The expression of character by masses of black and white proves this. Bishop Potter is unmistakable, his features bounded by their shadows. From such a start then it is a question of procedure cautiously to that point where the greatest character lies, but beyond which point detail becomes unnecessary to character.

The pen portrait of Thackeray by Robt. Blum is a careful delineation of the characteristic head of the novelist set on shoulders characteristically bent forward and the body characteristically tall. What more can be told of Thackeray's [pg 189] personality? Would the buttons and the wrinkles of the clothing help matters! No, as facts they would not, and when art has to do only with character, the simplest statement is the most forcible.

Millet, at one time, was known as “the man who painted peasants without wrinkles in their breeches.” Not because wrinkles were too much for him, nor because they were not thought worth while, but because, in his effort to prune his picture of the unessentials, the wrinkles were brushed aside.

When, however, art has to do with filling an entire space with something, and the clothing occupies a considerable part of it, what shall be done? This changes the details of the question. Yet all portraits that hit hard in exhibitions are those conceived in simplicity, those in which the personality is what stops and holds us.

There are certain large organic lines of drapery which the character demands, but beyond this point opinion divides authoritatively from the complete silence of obliteration to the tumultuous noisiness of “the whole truth”

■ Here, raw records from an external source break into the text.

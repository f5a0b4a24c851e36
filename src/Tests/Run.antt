-- ===== src/Tests/Run.antt =====
-- A run of the service from `main`: a participant is dispatched, checked and taken in.
use heyfil.Base.{
  is_some, contains, nat_eq, string_eq, beq_iff, String, ◌≡◌, refl, ap, ◌∙◌, true, false, none,
  some, List, [], ◌∷◌, arith,
}
use heyfil.Base.FilePath.Join.{PlainName}
use heyfil.Base.Dict.{lookup}
use heyfil.Base.Result.{err, ok}
use heyfil.Base.Int.{pos}
use heyfil.Startup.Served.{started-served}
use heyfil.ApiServer.{serve, respond, sp, sp_ids, query_get, peer_filter, status_filter}
use heyfil.ApiServer.Root.{get_sp_ids_lem, passes}
use heyfil.ApiServer.Consistent.{list_request, serve-list}
use heyfil.ApiServer.Subtree.{get_request}
use heyfil.Startup.Failure.{start_service-failure}
use heyfil.Metrics.Instruments.{Meter, make_gauges, start}
use heyfil.Service.{
  cancel, listed, participants_listed, Service, dispatched, started, finished, handled, Reaches,
  stop, further, handle_checked,
}
use heyfil.Startup.Refinement.{started-Updates}
use heyfil.Service.Drain.{drain_lem, Drained}
use heyfil.Service.Tracking.{tracked, tracked-Reaches}
use heyfil.Target.Bookkeeping.{check-Kept}
use heyfil.Service.Updates.{Checks, view-handle_checked, Updates, view}
use heyfil.Tests.World.{shapeless, demo, net, miner, io, meter}
use heyfil.Startup.{
  start_api_server, start_metrics_server, start_with, default_flags, heyfil_of, start_service,
}
use heyfil.Startup.Laws.{started-Invariant, options_of}
use heyfil.Target.Check.{check}
use heyfil.Store.{load_targets, load_recent_pieces}
use heyfil.Target.{Target}
use heyfil.Platform.{Net}
use heyfil.FilClient.{state_list_miners}
use heyfil.Service.Invariant.{Invariant}
use heyfil.HeyFil.{HeyFil}
use Prim.Native.String

abbrev made_hf : HeyFil
made_hf = heyfil_of [] (options_of default_flags 7)

abbrev begun : Service
begun = (start_service io [] meter made_hf).1

abbrev result : Target
result = (check net begun.hf.options [] miner).0

abbrev listing : Net
listing = record net {
  call = λ method params. ok (record {
    failure = none;
    miners = ok ("f01000" ∷ []);
    info = err shapeless;
    power = err shapeless;
    head = err shapeless;
  });
}

abbrev taken_in : Service
taken_in = record begun {
  hf = handle_checked io result (participants_listed ("f01000" ∷ []) begun.hf);
}

began : start_service io [] meter made_hf ≡ (none, begun)
unfolding start_service load_targets load_recent_pieces start_with start string_eq
began = refl

-- The participant is listed, but not dispatched yet.
abbrev waiting : Service
waiting = record begun {
  pending = "f01000" ∷ [];
  hf = participants_listed ("f01000" ∷ []) begun.hf;
}

list_run : Reaches io begun waiting
unfolding start_service load_targets load_recent_pieces participants_listed state_list_miners
    string_eq start_with start start_metrics_server start_api_server
list_run = further (listed listing ("f01000" ∷ []) refl refl refl) stop

run : Reaches io begun taken_in
unfolding start_service load_targets load_recent_pieces participants_listed state_list_miners
    string_eq start_with start start_metrics_server start_api_server
run = further (listed listing ("f01000" ∷ []) refl refl refl) (
    further (dispatched "f01000" [] refl refl (omega arith)) (
      further (started net miner [] refl (omega arith)) (
        further (finished [] result [] refl (omega arith))
          (further (handled result [] refl refl) stop))))

started-Invariant_example : Invariant (pos 10) taken_in
started-Invariant_example = started-Invariant io [] meter made_hf begun taken_in refl began run

listed_tracked : tracked "f01000" waiting ≡ true
unfolding tracked string_eq
listed_tracked = refl

later_run : Reaches io waiting taken_in
unfolding start_service load_targets load_recent_pieces participants_listed state_list_miners
    string_eq start_with start start_metrics_server start_api_server
later_run = further (dispatched "f01000" [] refl refl (omega arith)) (
    further (started net miner [] refl (omega arith)) (
      further (finished [] result [] refl (omega arith))
        (further (handled result [] refl refl) stop)))

begun_live : begun.cancelled ≡ false
unfolding start_service load_targets load_recent_pieces start_with start string_eq
begun_live = refl

tracked-Reaches_example : tracked "f01000" taken_in ≡ true
tracked-Reaches_example = tracked-Reaches io "f01000" later_run begun_live listed_tracked

waiting-Invariant : Invariant (pos 10) waiting
waiting-Invariant = started-Invariant io [] meter made_hf begun waiting refl began list_run

drain_lem_example :
    (s' : Service) × Reaches io waiting s'
    × Drained s'
    × ((mid : String) → tracked mid waiting ≡ true → is_some (lookup mid s'.hf.targets) ≡ true)
drain_lem_example = drain_lem io net (pos 10) waiting waiting-Invariant begun_live (omega arith)

started-Updates_example : Updates made_hf.options (Checks io run) (view begun) (view taken_in)
started-Updates_example = started-Updates io [] meter made_hf begun taken_in began refl run

taken_in_known : lookup "f01000" taken_in.hf.targets ≡ some result
taken_in_known =
    let (same, _, _, _, _, _, _, _) = check-Kept net begun.hf.options [] miner in
    view-handle_checked io result (participants_listed ("f01000" ∷ []) begun.hf) "f01000"
    ∙ rw ((beq_iff result.id "f01000").1 same)

abbrev broken_meter : Meter
broken_meter = record meter { make = λ name. some shapeless }

abbrev failed : Service
failed = (start_service io [] broken_meter made_hf).1

failed_run : start_service io [] broken_meter made_hf ≡ (some shapeless, failed)
unfolding start_service load_targets load_recent_pieces start_with start make_gauges string_eq
failed_run = refl

start_service-failure_example :
    let loaded = load_recent_pieces io (load_targets io [] made_hf) in
    let started_metrics = start broken_meter loaded.metrics in
    (started_metrics.0 ≡ some shapeless)
    × (failed.hf ≡ record loaded { metrics = started_metrics.1 })
start_service-failure_example =
    start_service-failure io [] broken_meter made_hf shapeless failed
      (record failed { cancelled = true }) failed_run (further cancel stop)

any_peer : peer_filter (query_get "peerid" []) ≡ some (λ t. true)
unfolding peer_filter query_get string_eq
any_peer = refl

any_status : status_filter (query_get "status" []) ≡ some (λ t. true)
unfolding status_filter query_get string_eq
any_status = refl

taken_in-Invariant : Invariant (pos 10) taken_in
taken_in-Invariant = started-Invariant io [] meter made_hf begun taken_in refl began run

taken_in_listed :
    (ids : List String) × (serve taken_in.hf.targets taken_in.hf.recent_pieces
        (list_request taken_in.hf.targets taken_in.hf.recent_pieces [])
      ≡ respond (sp_ids ids))
    × (contains ids "f01000" ≡ true)
taken_in_listed =
    let ts = taken_in.hf.targets in
    let (u, _) = taken_in-Invariant.targets_ok in
    let (ids, answer, _, exact) =
      get_sp_ids_lem ts [] (λ t. true) (λ t. true) u any_peer any_status in
    (
      ids,
      serve-list ts taken_in.hf.recent_pieces [] ∙ answer,
      exact "f01000" ∙ ap (passes (λ t. true) (λ t. true)) taken_in_known,
    )

named : PlainName "f01000"
named = (omega arith, λ e. cc, λ e. cc, λ e. cc)

started-served_example :
    (t : Target) × (serve taken_in.hf.targets taken_in.hf.recent_pieces
        (get_request taken_in.hf.targets taken_in.hf.recent_pieces [] "f01000")
      ≡ respond (sp t))
    × (t.id ≡ "f01000")
    × (true ≡ true)
    × (true ≡ true)
started-served_example =
    started-served io [] meter made_hf begun taken_in [] (λ t. true) (λ t. true) taken_in_listed.0
      "f01000" refl began run any_peer any_status taken_in_listed.1 taken_in_listed.2 named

In the portraits by Carrière all detail is swept away, and the millinery artists are shocked. Simplicity should never compromise texture and quality. This side of the truth cannot prove objectionable.

“You have made my broadcloth look like two-fifty a yard and it really cost four,” was a criticism offered by a young lady who posed in a riding habit. Such practical criticism is [pg 190] frequently necessary to bring the artist down from the top height observatory where he is absorbed with “the big things.”

Breath does not signify neglect of detail or neglect of finish; it means simplification where unity had been threatened. It is seeing the big side of small things, if the small things cannot be ignored.

The lighting of a subject has much to do with its breadth. A light may be selected that will chop such a well organized unit as the body into three or four separate sections, or one that produces an equal division of light and shade—seldom good. Shadows are generally the hiding-places for mystery; and mystery is ever charming. None better than Rembrandt knew the value of those vague spaces of nothingness, in backgrounds, and in the figure itself, a sudden pitch from light and positiveness into conjecture. We hear in photography much of the “Rembrandt-esque effect,” which when produced, proves to be just blackness. There can be no shadow without light, and Rembrandt's effort was to obtain this, rather than produce darkness.